Work request: Every single record below is to be reproduced exactly.
======== Task inputs ========
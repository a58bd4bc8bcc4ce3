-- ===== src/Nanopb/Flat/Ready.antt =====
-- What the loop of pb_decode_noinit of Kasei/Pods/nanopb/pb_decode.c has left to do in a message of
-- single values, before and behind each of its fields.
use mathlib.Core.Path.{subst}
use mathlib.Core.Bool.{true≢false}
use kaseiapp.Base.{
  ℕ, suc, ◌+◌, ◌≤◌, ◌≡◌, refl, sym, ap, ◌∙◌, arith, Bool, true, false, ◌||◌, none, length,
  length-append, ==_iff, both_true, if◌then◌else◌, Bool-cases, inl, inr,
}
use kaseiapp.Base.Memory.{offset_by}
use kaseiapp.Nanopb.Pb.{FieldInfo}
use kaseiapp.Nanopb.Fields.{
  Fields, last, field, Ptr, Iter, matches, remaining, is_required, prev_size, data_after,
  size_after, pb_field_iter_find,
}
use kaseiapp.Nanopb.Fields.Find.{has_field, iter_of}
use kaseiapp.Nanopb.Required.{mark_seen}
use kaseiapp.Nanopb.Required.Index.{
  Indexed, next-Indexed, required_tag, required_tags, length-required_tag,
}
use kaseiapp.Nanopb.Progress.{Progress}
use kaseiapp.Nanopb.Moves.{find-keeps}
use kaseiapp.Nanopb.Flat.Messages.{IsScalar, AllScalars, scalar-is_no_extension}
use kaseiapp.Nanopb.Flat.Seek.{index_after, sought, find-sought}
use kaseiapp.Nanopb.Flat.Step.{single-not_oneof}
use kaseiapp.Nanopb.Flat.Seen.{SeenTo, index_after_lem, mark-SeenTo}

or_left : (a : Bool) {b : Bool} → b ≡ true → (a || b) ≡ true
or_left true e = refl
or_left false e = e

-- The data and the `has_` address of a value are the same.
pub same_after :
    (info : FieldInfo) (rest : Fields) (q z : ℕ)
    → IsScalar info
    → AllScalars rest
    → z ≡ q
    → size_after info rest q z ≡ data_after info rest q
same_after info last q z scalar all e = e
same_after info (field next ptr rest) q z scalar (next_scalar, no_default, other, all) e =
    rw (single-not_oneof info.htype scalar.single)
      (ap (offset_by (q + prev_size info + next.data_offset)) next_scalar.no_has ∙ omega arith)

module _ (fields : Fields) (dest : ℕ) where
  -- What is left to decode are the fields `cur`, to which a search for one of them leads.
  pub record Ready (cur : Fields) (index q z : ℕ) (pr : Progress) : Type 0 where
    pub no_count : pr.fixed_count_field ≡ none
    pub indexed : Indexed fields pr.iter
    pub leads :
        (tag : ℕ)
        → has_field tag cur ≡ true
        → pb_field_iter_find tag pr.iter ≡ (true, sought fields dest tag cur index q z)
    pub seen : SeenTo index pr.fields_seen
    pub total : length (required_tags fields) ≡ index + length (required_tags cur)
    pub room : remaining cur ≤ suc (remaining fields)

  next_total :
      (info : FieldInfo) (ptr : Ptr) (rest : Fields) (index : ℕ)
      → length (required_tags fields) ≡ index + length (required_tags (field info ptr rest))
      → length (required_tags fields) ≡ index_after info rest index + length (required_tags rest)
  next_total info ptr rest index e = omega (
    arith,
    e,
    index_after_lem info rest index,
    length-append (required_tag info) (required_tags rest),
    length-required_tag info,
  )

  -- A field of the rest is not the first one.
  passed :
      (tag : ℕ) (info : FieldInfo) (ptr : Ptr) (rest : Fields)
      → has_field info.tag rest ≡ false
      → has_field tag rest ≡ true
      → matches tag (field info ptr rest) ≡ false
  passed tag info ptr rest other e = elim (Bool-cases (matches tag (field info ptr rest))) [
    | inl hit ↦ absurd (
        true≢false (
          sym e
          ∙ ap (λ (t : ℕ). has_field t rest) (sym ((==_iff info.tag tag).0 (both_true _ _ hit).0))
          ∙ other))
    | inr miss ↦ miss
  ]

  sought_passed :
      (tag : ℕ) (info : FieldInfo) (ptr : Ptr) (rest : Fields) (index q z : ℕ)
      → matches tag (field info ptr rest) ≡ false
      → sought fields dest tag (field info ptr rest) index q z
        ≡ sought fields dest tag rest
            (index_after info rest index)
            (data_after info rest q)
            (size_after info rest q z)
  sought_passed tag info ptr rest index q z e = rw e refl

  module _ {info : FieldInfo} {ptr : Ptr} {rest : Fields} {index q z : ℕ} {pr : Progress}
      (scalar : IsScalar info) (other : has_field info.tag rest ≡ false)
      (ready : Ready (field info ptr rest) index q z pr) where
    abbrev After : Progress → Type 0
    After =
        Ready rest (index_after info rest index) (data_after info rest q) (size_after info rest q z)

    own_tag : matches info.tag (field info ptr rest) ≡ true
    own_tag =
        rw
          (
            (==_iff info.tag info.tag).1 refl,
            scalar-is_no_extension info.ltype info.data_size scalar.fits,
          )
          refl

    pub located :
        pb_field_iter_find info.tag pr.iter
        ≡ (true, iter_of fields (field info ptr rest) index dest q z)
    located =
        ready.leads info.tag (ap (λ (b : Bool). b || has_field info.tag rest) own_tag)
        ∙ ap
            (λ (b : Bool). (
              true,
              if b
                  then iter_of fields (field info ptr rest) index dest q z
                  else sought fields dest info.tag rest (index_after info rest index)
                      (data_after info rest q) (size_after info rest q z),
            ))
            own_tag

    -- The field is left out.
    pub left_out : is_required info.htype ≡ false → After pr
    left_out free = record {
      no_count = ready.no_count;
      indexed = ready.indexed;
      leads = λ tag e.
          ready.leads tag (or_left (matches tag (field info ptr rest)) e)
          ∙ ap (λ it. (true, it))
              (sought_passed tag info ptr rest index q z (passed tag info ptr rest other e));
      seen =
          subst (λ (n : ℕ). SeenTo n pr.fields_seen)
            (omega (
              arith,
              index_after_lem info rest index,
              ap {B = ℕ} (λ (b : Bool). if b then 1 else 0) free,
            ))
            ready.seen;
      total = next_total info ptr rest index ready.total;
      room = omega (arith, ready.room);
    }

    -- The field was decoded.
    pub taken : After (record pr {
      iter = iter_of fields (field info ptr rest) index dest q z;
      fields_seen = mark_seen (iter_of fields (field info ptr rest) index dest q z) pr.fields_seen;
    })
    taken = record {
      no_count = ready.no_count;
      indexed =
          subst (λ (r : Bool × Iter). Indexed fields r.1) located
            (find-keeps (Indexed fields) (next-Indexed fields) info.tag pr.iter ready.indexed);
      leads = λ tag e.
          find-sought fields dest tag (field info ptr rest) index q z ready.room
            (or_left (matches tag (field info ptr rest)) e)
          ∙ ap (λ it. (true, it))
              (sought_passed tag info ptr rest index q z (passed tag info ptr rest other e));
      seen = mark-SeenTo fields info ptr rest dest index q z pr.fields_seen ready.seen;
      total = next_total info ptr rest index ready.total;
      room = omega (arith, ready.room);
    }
========
Expected output:
repository a58bd4bc8bcc4ce3
-- ===== src/Nanopb/Flat/Ready.antt =====
-- What the loop of pb_decode_noinit of Kasei/Pods/nanopb/pb_decode.c has left to do in a message of
-- single values, before and behind each of its fields.
use mathlib.Core.Path.{subst}
use mathlib.Core.Bool.{true≢false}
use kaseiapp.Base.{
  ℕ, suc, ◌+◌, ◌≤◌, ◌≡◌, refl, sym, ap, ◌∙◌, arith, Bool, true, false, ◌||◌, none, length,
  length-append, ==_iff, both_true, if◌then◌else◌, Bool-cases, inl, inr,
}
use kaseiapp.Base.Memory.{offset_by}
use kaseiapp.Nanopb.Pb.{FieldInfo}
use kaseiapp.Nanopb.Fields.{
  Fields, last, field, Ptr, Iter, matches, remaining, is_required, prev_size, data_after,
  size_after, pb_field_iter_find,
}
use kaseiapp.Nanopb.Fields.Find.{has_field, iter_of}
use kaseiapp.Nanopb.Required.{mark_seen}
use kaseiapp.Nanopb.Required.Index.{
  Indexed, next-Indexed, required_tag, required_tags, length-required_tag,
}
use kaseiapp.Nanopb.Progress.{Progress}
use kaseiapp.Nanopb.Moves.{find-keeps}
use kaseiapp.Nanopb.Flat.Messages.{IsScalar, AllScalars, scalar-is_no_extension}
use kaseiapp.Nanopb.Flat.Seek.{index_after, sought, find-sought}
use kaseiapp.Nanopb.Flat.Step.{single-not_oneof}
use kaseiapp.Nanopb.Flat.Seen.{SeenTo, index_after_lem, mark-SeenTo}

or_left : (a : Bool) {b : Bool} → b ≡ true → (a || b) ≡ true
or_left true e = refl
or_left false e = e

-- The data and the `has_` address of a value are the same.
pub same_after :
    (info : FieldInfo) (rest : Fields) (q z : ℕ)
    → IsScalar info
    → AllScalars rest
    → z ≡ q
    → size_after info rest q z ≡ data_after info rest q
same_after info last q z scalar all e = e
same_after info (field next ptr rest) q z scalar (next_scalar, no_default, other, all) e =
    rw (single-not_oneof info.htype scalar.single)
      (ap (offset_by (q + prev_size info + next.data_offset)) next_scalar.no_has ∙ omega arith)

module _ (fields : Fields) (dest : ℕ) where
  -- What is left to decode are the fields `cur`, to which a search for one of them leads.
  pub record Ready (cur : Fields) (index q z : ℕ) (pr : Progress) : Type 0 where
    pub no_count : pr.fixed_count_field ≡ none
    pub indexed : Indexed fields pr.iter
    pub leads :
        (tag : ℕ)
        → has_field tag cur ≡ true
        → pb_field_iter_find tag pr.iter ≡ (true, sought fields dest tag cur index q z)
    pub seen : SeenTo index pr.fields_seen
    pub total : length (required_tags fields) ≡ index + length (required_tags cur)
    pub room : remaining cur ≤ suc (remaining fields)

  next_total :
      (info : FieldInfo) (ptr : Ptr) (rest : Fields) (index : ℕ)
      → length (required_tags fields) ≡ index + length (required_tags (field info ptr rest))
      → length (required_tags fields) ≡ index_after info rest index + length (required_tags rest)
  next_total info ptr rest index e = omega (
    arith,
    e,
    index_after_lem info rest index,
    length-append (required_tag info) (required_tags rest),
    length-required_tag info,
  )

  -- A field of the rest is not the first one.
  passed :
      (tag : ℕ) (info : FieldInfo) (ptr : Ptr) (rest : Fields)
      → has_field info.tag rest ≡ false
      → has_field tag rest ≡ true
      → matches tag (field info ptr rest) ≡ false
  passed tag info ptr rest other e = elim (Bool-cases (matches tag (field info ptr rest))) [
    | inl hit ↦ absurd (
        true≢false (
          sym e
          ∙ ap (λ (t : ℕ). has_field t rest) (sym ((==_iff info.tag tag).0 (both_true _ _ hit).0))
          ∙ other))
    | inr miss ↦ miss
  ]

  sought_passed :
      (tag : ℕ) (info : FieldInfo) (ptr : Ptr) (rest : Fields) (index q z : ℕ)
      → matches tag (field info ptr rest) ≡ false
      → sought fields dest tag (field info ptr rest) index q z
        ≡ sought fields dest tag rest
            (index_after info rest index)
            (data_after info rest q)
            (size_after info rest q z)
  sought_passed tag info ptr rest index q z e = rw e refl

  module _ {info : FieldInfo} {ptr : Ptr} {rest : Fields} {index q z : ℕ} {pr : Progress}
      (scalar : IsScalar info) (other : has_field info.tag rest ≡ false)
      (ready : Ready (field info ptr rest) index q z pr) where
    abbrev After : Progress → Type 0
    After =
        Ready rest (index_after info rest index) (data_after info rest q) (size_after info rest q z)

    own_tag : matches info.tag (field info ptr rest) ≡ true
    own_tag =
        rw
          (
            (==_iff info.tag info.tag).1 refl,
            scalar-is_no_extension info.ltype info.data_size scalar.fits,
          )
          refl

    pub located :
        pb_field_iter_find info.tag pr.iter
        ≡ (true, iter_of fields (field info ptr rest) index dest q z)
    located =
        ready.leads info.tag (ap (λ (b : Bool). b || has_field info.tag rest) own_tag)
        ∙ ap
            (λ (b : Bool). (
              true,
              if b
                  then iter_of fields (field info ptr rest) index dest q z
                  else sought fields dest info.tag rest (index_after info rest index)
                      (data_after info rest q) (size_after info rest q z),
            ))
            own_tag

    -- The field is left out.
    pub left_out : is_required info.htype ≡ false → After pr
    left_out free = record {
      no_count = ready.no_count;
      indexed = ready.indexed;
      leads = λ tag e.
          ready.leads tag (or_left (matches tag (field info ptr rest)) e)
          ∙ ap (λ it. (true, it))
              (sought_passed tag info ptr rest index q z (passed tag info ptr rest other e));
      seen =
          subst (λ (n : ℕ). SeenTo n pr.fields_seen)
            (omega (
              arith,
              index_after_lem info rest index,
              ap {B = ℕ} (λ (b : Bool). if b then 1 else 0) free,
            ))
            ready.seen;
      total = next_total info ptr rest index ready.total;
      room = omega (arith, ready.room);
    }

    -- The field was decoded.
    pub taken : After (record pr {
      iter = iter_of fields (field info ptr rest) index dest q z;
      fields_seen = mark_seen (iter_of fields (field info ptr rest) index dest q z) pr.fields_seen;
    })
    taken = record {
      no_count = ready.no_count;
      indexed =
          subst (λ (r : Bool × Iter). Indexed fields r.1) located
            (find-keeps (Indexed fields) (next-Indexed fields) info.tag pr.iter ready.indexed);
      leads = λ tag e.
          find-sought fields dest tag (field info ptr rest) index q z ready.room
            (or_left (matches tag (field info ptr rest)) e)
          ∙ ap (λ it. (true, it))
              (sought_passed tag info ptr rest index q z (passed tag info ptr rest other e));
      seen = mark-SeenTo fields info ptr rest dest index q z pr.fields_seen ready.seen;
      total = next_total info ptr rest index ready.total;
      room = omega (arith, ready.room);
    }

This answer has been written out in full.